Mr Spratt: Finally, in terms of the reporting process, do you think that doing it annually is the best method? We are worried about another level of bureaucracy or another level taking money away from a full pot — we will say that it is a full pot now — to employ people to do a yearly process in the various Departments. Is that an appropriate use of public money?

Ms Whelehan: I understand that concern completely, and I have similar concerns, but my experience has been that what gets measured —

Mr Spratt: How do we get around it, Natalie?

Ms Whelehan: I will tell you. I think that what gets measured gets done. If we build the annual reporting process into it from the very outset, it should not be onerous and bureaucratic, because, actually, how they are fulfil children's rights and the best interests of children should be a consideration of all Departments and agencies as they do their work on a daily basis. That should be an ongoing consideration as it is. It does not have to be a hugely onerous report. It should certainly not take away from doing the work that has to be done. It is about being clever about how we prepare for that annual reporting. That should be built in at the beginning.

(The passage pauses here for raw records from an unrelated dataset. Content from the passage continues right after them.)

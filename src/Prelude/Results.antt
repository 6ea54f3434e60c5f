-- ===== src/Prelude/Results.antt =====
-- A call that returns or throws.
use mathlib.Core.Path.{◌≡◌, refl, subst}
use mathlib.Core.Logic.{◌⊎◌, inl, inr}
use mathlib.Core.Bool.{Bool, true, false}

pub data Result (E A : Type 0) : Type 0 where
  err : E → Result E A
  ok : A → Result E A

-- `if (b) throw reason`
abbrev pub throw_if : {E : Type 0} → Bool → E → Result E (Unit {0})
throw_if false reason = ok tt
throw_if true reason = err reason

-- The statements behind a call run on what it returned, and not at all where it threw.
infixl 5 ◌>>=◌ ◌>>◌
abbrev pub ◌>>=◌ :
    {Failure Value Next : Type 0}
    → Result Failure Value
    → (Value → Result Failure Next)
    → Result Failure Next
err reason >>= rest = err reason
ok value >>= rest = rest value

abbrev pub ◌>>◌ :
    {Failure Next : Type 0} → Result Failure (Unit {0}) → Result Failure Next → Result Failure Next
call >> rest = call >>= λ done. rest

-- Inversion of a successful bind.
pub >>=-eq-ok :
    {Failure Value Next : Type 0} (call : Result Failure Value) (rest : Value → Result Failure Next)
    {last : Next}
    → (call >>= rest) ≡ ok last
    → (value : Value) × (call ≡ ok value) × (rest value ≡ ok last)
>>=-eq-ok (err reason) rest done = cc
>>=-eq-ok (ok value) rest done = (value, refl, done)

-- What a call returns, if it returns, has the property.
abbrev pub Ensures : {E A : Type 0} → (A → Type 0) → Result E A → Type 0
Ensures P (ok a) = P a
Ensures P (err e) = Unit

pub Ensures->>= :
    {E A B : Type 0} (P : B → Type 0) (m : Result E A) (f : A → Result E B)
    → ((a : A) → m ≡ ok a → Ensures P (f a))
    → Ensures P (m >>= f)
Ensures->>= P (ok a) f h = h a refl
Ensures->>= P (err e) f h = tt

pub ok-injective : {E A : Type 0} {a b : A} → ◌≡◌ {A = Result E A} (ok a) (ok b) → a ≡ b
ok-injective e = cc

pub err-ne-ok : {E A : Type 0} {x : E} {a : A} → ¬ (◌≡◌ {A = Result E A} (err x) (ok a))
err-ne-ok e = cc

pub Ensures_ok :
    {E A : Type 0} (P : A → Type 0) (m : Result E A) {a : A} → Ensures P m → m ≡ ok a → P a
Ensures_ok P (ok b) h e = subst P (ok-injective e) h
Ensures_ok P (err x) h e = absurd (err-ne-ok e)

pub throw_if-ok : {E : Type 0} (b : Bool) (e : E) {u : Unit {0}} → throw_if b e ≡ ok u → b ≡ false
throw_if-ok true e h = cc
throw_if-ok false e h = refl

pub Ensures-of :
    {E A : Type 0} {P : A → Type 0} (m : Result E A) → ((a : A) → m ≡ ok a → P a) → Ensures P m
Ensures-of (ok a) h = h a refl
Ensures-of (err e) h = tt

-- To split on a computed result and keep the equation.
pub Result-cases :
    {E A : Type 0} (m : Result E A) → ((e : E) × (m ≡ err e)) ⊎ ((a : A) × (m ≡ ok a))
Result-cases (ok a) = inr (a, refl)
Result-cases (err e) = inl (e, refl)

The other issue that you raised was removing money from an ever-dwindling pot. I actually believe that that is the purpose of this. Our experience has been that money is being wasted on having to threaten judicial reviews, as Rachel explained, and take tribunals. That is absolutely unnecessary. If we could get Departments and agencies to cooperate better and provide services to really provide better outcomes for children, there would be huge savings to be made. That money could be far better spent; I totally agree with you. That is where the inefficiency lies. It is not about creating another tool to beat government with; it is about doing things smarter and better and, ultimately, creating better outcomes for children.

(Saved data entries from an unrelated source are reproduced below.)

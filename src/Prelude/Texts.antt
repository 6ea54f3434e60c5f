-- ===== src/Prelude/Texts.antt =====
-- A JavaScript string as the list of its UTF-16 code units.
use Prim.Native.Nat.{ℕ, ◌+◌}
use Prim.Native.Char.{code}
use Prim.Native.String.{String}
use mathlib.Core.Path.{◌≡◌, refl}
use mathlib.Core.Logic.{◌≢◌, ◌↔◌}
use mathlib.Core.Bool.{Bool, true, false, ◌&&◌, ◌||◌}
use mathlib.Core.List.{List, [], ◌∷◌, map}
use native.Mathlib.Omega.{arith}
use ship_yard.Prelude.Tests.{leb, ◌==◌, if◌then◌else◌}
use ship_yard.Prelude.Lists.{All, OneOf, length}

abbrev pub Text : Type 0
Text = List ℕ

-- A literal of the source, whose characters are ASCII: one code unit each.
unfoldable pub codes : String → Text
codes String.[] = []
codes (String.◌∷◌ c s) = code c ∷ codes s

-- `===` on strings
unfoldable pub text_eq : Text → Text → Bool
text_eq [] [] = true
text_eq (a ∷ s) (b ∷ t) = (a == b) && text_eq s t
text_eq _ _ = false

pub text_eq_iff : (s t : Text) → (text_eq s t ≡ true) ↔ (s ≡ t)
unfolding text_eq
text_eq_iff [] [] = ((λ _. refl), (λ _. refl))
text_eq_iff [] (b ∷ t) = ((λ h. cc), (λ h. cc))
text_eq_iff (a ∷ s) [] = ((λ h. cc), (λ h. cc))
text_eq_iff (a ∷ s) (b ∷ t) = ground (arith, text_eq_iff s t)

-- `keys.includes(key)`
unfoldable pub includes : List Text → Text → Bool
includes [] key = false
includes (k ∷ ks) key = text_eq k key || includes ks key

pub includes_iff : (ks : List Text) (key : Text) → (includes ks key ≡ true) ↔ OneOf key ks
unfolding includes
includes_iff [] key = ((λ h. cc), (λ h. elim h [ ]))
includes_iff (k ∷ ks) key = ground (arith, text_eq_iff k key, includes_iff ks key)

pub includes-false : (ks : List Text) (key : Text) → includes ks key ≡ false → All (λ k. k ≢ key) ks
unfolding includes
includes-false [] key h = tt
includes-false (k ∷ ks) key h =
    ((λ e. ground (arith, text_eq_iff k key)), includes-false ks key (ground arith))

-- `toLowerCase()` on one code unit, over the ASCII letters.
abbrev pub lower_unit : ℕ → ℕ
lower_unit c = if leb b'A' c && leb c b'Z' then c + 32 else c

unfoldable pub to_lower : Text → Text
to_lower = map lower_unit

-- `a.toLowerCase() === b.toLowerCase()`
unfoldable pub same_folded : Text → Text → Bool
same_folded a b = text_eq (to_lower a) (to_lower b)

-- `/^p$/` for a class of units: every unit is in it.
abbrev pub all_units : (ℕ → Bool) → Text → Bool
all_units p [] = true
all_units p (c ∷ s) = p c && all_units p s

abbrev pub is_hex_unit : ℕ → Bool
is_hex_unit c =
    (leb b'0' c && leb c b'9') || (leb b'a' c && leb c b'f') || (leb b'A' c && leb c b'F')

abbrev pub hex_tail : ℕ → Text → Bool
hex_tail n (z ∷ x ∷ s) = (z == b'0') && (x == b'x') && (length s == n) && all_units is_hex_unit s
hex_tail n _ = false

-- /^0x[a-fA-F0-9]{n}$/
unfoldable pub is_hex : ℕ → Text → Bool
is_hex n s = hex_tail n s

-- The units that `trim` removes: white space and line ends.
abbrev pub is_space : ℕ → Bool
is_space c =
    (leb 9 c && leb c 13)
    || c == 0x20
    || c == 0xa0
    || c == 0x1680
    || (leb 0x2000 c && leb c 0x200a)
    || c == 0x2028
    || c == 0x2029
    || c == 0x202f
    || c == 0x205f
    || c == 0x3000
    || c == 0xfeff

-- `value.trim().length === 0`
unfoldable pub is_blank : Text → Bool
is_blank s = all_units is_space s

pub same_folded_iff : (a b : Text) → (same_folded a b ≡ true) ↔ (to_lower a ≡ to_lower b)
unfolding same_folded
same_folded_iff a b = text_eq_iff (to_lower a) (to_lower b)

The Chairperson (Mr Nesbitt): Our time is up, but Alex indicated that he wanted to speak.

Mr Maskey: Very briefly, Chair. Again, thank you both for the important evidence you have given us this afternoon. I am just taking it from reading your submission and hearing the points that you made that you want the legislation tightened up a bit. You referred to the designated, including statutory, bodies, and, Rachel, I think you referred to parents being included at those things as well. I presume that means that you would agree with introducing the need to deal with NGOs as well, who also have some of those responsibilities. You also referred to statutory obligations. Am I right in saying that, generally speaking, you are supportive of the Bill but want it tightened up in certain aspects? You have identified some of those today.

Ms Whelehan: Yes. We see it as a great opportunity. We want to tighten things up and place a notice on government. Our experience is that it is not happening, and it needs to happen — I think Rachel's cases are great examples of what really needs to happen — in order to stop these things from happening again.

The Chairperson (Mr Nesbitt): OK. Natalie and Rachel, thank you both very much indeed.